● What you need to do: What is needed is an exact copy of the lines in the listing below, from the one with "returned_run = refl" up to and including the one with "returned_run returned_compatible", with no other lines.

● The input:
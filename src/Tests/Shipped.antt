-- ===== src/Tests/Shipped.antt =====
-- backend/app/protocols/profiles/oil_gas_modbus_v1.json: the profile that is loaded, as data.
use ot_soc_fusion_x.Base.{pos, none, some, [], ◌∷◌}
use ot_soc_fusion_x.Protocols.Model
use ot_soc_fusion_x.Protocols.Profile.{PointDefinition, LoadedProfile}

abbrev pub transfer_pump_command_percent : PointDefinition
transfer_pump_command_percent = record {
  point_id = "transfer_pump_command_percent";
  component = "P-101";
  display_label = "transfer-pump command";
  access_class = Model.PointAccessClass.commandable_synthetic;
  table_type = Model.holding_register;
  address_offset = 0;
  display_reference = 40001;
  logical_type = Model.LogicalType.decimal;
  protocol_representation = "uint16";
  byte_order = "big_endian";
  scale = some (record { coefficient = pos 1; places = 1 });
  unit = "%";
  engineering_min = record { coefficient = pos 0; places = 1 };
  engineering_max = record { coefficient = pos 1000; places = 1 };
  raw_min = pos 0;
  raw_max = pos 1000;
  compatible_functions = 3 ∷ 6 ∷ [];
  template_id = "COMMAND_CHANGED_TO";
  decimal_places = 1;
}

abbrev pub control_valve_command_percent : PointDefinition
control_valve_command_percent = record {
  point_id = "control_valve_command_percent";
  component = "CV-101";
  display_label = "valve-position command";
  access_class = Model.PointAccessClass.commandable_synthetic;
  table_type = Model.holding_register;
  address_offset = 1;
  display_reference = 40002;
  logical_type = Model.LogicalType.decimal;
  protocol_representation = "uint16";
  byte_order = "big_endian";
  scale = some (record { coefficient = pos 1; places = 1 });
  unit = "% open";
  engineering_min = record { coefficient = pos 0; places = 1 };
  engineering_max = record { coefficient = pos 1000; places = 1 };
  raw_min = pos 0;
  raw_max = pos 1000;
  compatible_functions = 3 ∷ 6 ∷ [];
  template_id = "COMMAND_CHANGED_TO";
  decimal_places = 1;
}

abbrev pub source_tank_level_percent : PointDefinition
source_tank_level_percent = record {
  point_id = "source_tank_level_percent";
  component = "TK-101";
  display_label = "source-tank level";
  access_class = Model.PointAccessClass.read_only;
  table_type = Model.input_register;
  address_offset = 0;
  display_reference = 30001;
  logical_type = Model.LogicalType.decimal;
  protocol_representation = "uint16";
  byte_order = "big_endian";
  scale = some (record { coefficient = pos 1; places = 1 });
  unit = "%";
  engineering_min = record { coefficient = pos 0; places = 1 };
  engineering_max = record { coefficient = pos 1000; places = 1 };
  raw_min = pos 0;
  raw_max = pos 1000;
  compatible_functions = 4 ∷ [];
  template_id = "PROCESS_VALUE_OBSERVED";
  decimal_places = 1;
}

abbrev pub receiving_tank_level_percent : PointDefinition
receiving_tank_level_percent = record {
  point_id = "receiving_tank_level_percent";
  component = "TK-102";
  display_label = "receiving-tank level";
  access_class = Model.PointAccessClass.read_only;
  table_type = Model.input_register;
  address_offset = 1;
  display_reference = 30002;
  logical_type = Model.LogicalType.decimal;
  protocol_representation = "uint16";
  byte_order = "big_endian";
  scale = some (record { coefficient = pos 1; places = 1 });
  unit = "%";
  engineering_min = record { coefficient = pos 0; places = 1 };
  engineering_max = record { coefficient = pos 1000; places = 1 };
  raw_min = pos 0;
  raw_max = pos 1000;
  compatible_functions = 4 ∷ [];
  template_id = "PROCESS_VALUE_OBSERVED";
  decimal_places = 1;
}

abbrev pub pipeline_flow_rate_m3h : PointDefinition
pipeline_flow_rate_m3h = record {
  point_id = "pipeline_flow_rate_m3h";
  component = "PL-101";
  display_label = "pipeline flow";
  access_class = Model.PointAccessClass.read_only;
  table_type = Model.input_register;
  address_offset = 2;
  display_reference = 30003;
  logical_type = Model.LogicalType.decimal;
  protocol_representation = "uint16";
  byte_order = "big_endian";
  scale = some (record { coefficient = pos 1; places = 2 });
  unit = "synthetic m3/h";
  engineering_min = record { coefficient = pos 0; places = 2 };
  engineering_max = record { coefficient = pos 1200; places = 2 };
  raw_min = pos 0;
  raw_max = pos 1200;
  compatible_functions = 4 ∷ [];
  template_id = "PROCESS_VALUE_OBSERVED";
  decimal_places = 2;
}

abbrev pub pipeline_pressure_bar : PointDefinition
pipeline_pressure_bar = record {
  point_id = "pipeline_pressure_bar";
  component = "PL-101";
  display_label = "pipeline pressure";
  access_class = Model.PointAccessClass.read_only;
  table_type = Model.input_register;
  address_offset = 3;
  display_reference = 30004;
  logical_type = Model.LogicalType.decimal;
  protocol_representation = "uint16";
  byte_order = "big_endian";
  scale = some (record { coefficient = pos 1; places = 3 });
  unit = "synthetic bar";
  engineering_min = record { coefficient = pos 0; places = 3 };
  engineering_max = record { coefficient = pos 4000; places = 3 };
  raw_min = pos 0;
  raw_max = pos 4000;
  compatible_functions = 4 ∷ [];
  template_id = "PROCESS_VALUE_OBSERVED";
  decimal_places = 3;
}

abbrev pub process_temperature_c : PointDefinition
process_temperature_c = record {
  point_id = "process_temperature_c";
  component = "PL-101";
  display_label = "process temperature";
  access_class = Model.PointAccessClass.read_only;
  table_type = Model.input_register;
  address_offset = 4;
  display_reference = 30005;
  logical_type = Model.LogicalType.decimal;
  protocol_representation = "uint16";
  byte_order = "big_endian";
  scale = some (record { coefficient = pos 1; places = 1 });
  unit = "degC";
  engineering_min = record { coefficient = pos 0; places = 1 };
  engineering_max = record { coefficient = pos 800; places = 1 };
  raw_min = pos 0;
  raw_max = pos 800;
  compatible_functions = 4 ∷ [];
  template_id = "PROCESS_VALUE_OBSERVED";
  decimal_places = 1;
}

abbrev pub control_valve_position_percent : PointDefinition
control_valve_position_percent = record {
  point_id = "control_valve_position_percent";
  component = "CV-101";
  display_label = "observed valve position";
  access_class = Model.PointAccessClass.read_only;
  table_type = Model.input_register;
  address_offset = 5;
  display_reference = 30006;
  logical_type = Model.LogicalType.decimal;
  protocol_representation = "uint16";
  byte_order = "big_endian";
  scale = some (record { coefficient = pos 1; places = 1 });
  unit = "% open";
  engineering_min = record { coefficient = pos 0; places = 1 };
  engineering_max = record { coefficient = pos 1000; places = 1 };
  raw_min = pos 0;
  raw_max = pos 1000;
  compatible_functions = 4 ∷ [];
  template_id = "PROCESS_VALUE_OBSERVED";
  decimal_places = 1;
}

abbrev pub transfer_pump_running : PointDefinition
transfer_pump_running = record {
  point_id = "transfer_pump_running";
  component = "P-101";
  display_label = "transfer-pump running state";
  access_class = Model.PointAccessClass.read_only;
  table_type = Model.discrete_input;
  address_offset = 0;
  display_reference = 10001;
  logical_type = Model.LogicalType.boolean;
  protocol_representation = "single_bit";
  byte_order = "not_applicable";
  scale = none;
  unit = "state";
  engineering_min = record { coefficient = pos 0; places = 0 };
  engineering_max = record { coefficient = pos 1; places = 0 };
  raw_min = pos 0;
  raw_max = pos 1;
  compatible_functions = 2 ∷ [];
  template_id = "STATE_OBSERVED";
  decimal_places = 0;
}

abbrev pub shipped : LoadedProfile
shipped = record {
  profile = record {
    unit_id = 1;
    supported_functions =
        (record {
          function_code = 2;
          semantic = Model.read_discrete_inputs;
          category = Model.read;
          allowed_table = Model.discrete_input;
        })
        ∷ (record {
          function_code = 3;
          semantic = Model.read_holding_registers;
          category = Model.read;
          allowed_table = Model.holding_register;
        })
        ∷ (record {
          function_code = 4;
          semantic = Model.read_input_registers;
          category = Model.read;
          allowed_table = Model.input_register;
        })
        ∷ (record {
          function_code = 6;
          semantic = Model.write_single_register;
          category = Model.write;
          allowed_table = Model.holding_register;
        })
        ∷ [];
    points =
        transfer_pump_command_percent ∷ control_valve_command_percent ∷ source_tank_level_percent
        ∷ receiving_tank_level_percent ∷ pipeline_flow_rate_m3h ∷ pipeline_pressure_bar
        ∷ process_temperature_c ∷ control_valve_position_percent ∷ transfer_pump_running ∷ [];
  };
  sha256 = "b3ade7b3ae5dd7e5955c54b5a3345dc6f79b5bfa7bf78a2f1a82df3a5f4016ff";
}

--

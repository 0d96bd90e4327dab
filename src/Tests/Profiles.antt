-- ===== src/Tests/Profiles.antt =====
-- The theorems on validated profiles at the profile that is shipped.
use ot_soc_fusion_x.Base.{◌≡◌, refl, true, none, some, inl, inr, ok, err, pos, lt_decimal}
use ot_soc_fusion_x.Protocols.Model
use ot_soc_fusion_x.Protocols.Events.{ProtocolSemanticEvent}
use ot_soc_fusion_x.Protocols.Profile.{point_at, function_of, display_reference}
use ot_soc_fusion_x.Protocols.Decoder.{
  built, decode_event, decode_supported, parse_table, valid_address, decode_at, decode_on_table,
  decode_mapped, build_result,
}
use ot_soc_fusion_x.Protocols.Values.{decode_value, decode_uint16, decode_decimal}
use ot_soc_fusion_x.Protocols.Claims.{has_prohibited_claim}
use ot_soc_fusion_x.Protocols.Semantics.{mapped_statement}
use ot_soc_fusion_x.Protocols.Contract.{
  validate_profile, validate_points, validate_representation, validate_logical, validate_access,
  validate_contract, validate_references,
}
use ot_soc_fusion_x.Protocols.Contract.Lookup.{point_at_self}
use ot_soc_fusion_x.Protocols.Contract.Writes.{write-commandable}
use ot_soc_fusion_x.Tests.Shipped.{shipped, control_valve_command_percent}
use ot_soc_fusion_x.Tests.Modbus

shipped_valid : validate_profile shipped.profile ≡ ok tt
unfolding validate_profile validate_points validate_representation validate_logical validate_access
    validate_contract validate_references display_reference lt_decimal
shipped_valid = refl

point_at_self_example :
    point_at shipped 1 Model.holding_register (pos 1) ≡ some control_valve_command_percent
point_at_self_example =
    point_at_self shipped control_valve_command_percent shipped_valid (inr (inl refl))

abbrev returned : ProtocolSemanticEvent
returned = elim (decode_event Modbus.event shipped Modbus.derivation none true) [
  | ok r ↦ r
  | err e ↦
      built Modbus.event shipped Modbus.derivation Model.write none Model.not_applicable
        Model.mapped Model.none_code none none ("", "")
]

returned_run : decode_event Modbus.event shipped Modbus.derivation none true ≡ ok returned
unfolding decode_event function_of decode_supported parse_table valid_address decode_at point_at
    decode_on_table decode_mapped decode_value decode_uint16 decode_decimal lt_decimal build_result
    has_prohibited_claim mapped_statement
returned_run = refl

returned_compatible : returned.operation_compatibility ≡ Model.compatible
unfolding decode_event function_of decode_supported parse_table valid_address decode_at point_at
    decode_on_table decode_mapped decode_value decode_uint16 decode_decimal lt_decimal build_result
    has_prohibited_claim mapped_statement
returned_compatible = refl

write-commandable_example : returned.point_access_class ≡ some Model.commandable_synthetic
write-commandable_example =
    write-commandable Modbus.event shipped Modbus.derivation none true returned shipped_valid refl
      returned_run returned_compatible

● Output below:
returned_run = refl

returned_compatible : returned.operation_compatibility ≡ Model.compatible
unfolding decode_event function_of decode_supported parse_table valid_address decode_at point_at
    decode_on_table decode_mapped decode_value decode_uint16 decode_decimal lt_decimal build_result
    has_prohibited_claim mapped_statement
returned_compatible = refl

write-commandable_example : returned.point_access_class ≡ some Model.commandable_synthetic
write-commandable_example =
    write-commandable Modbus.event shipped Modbus.derivation none true returned shipped_valid refl
      returned_run returned_compatible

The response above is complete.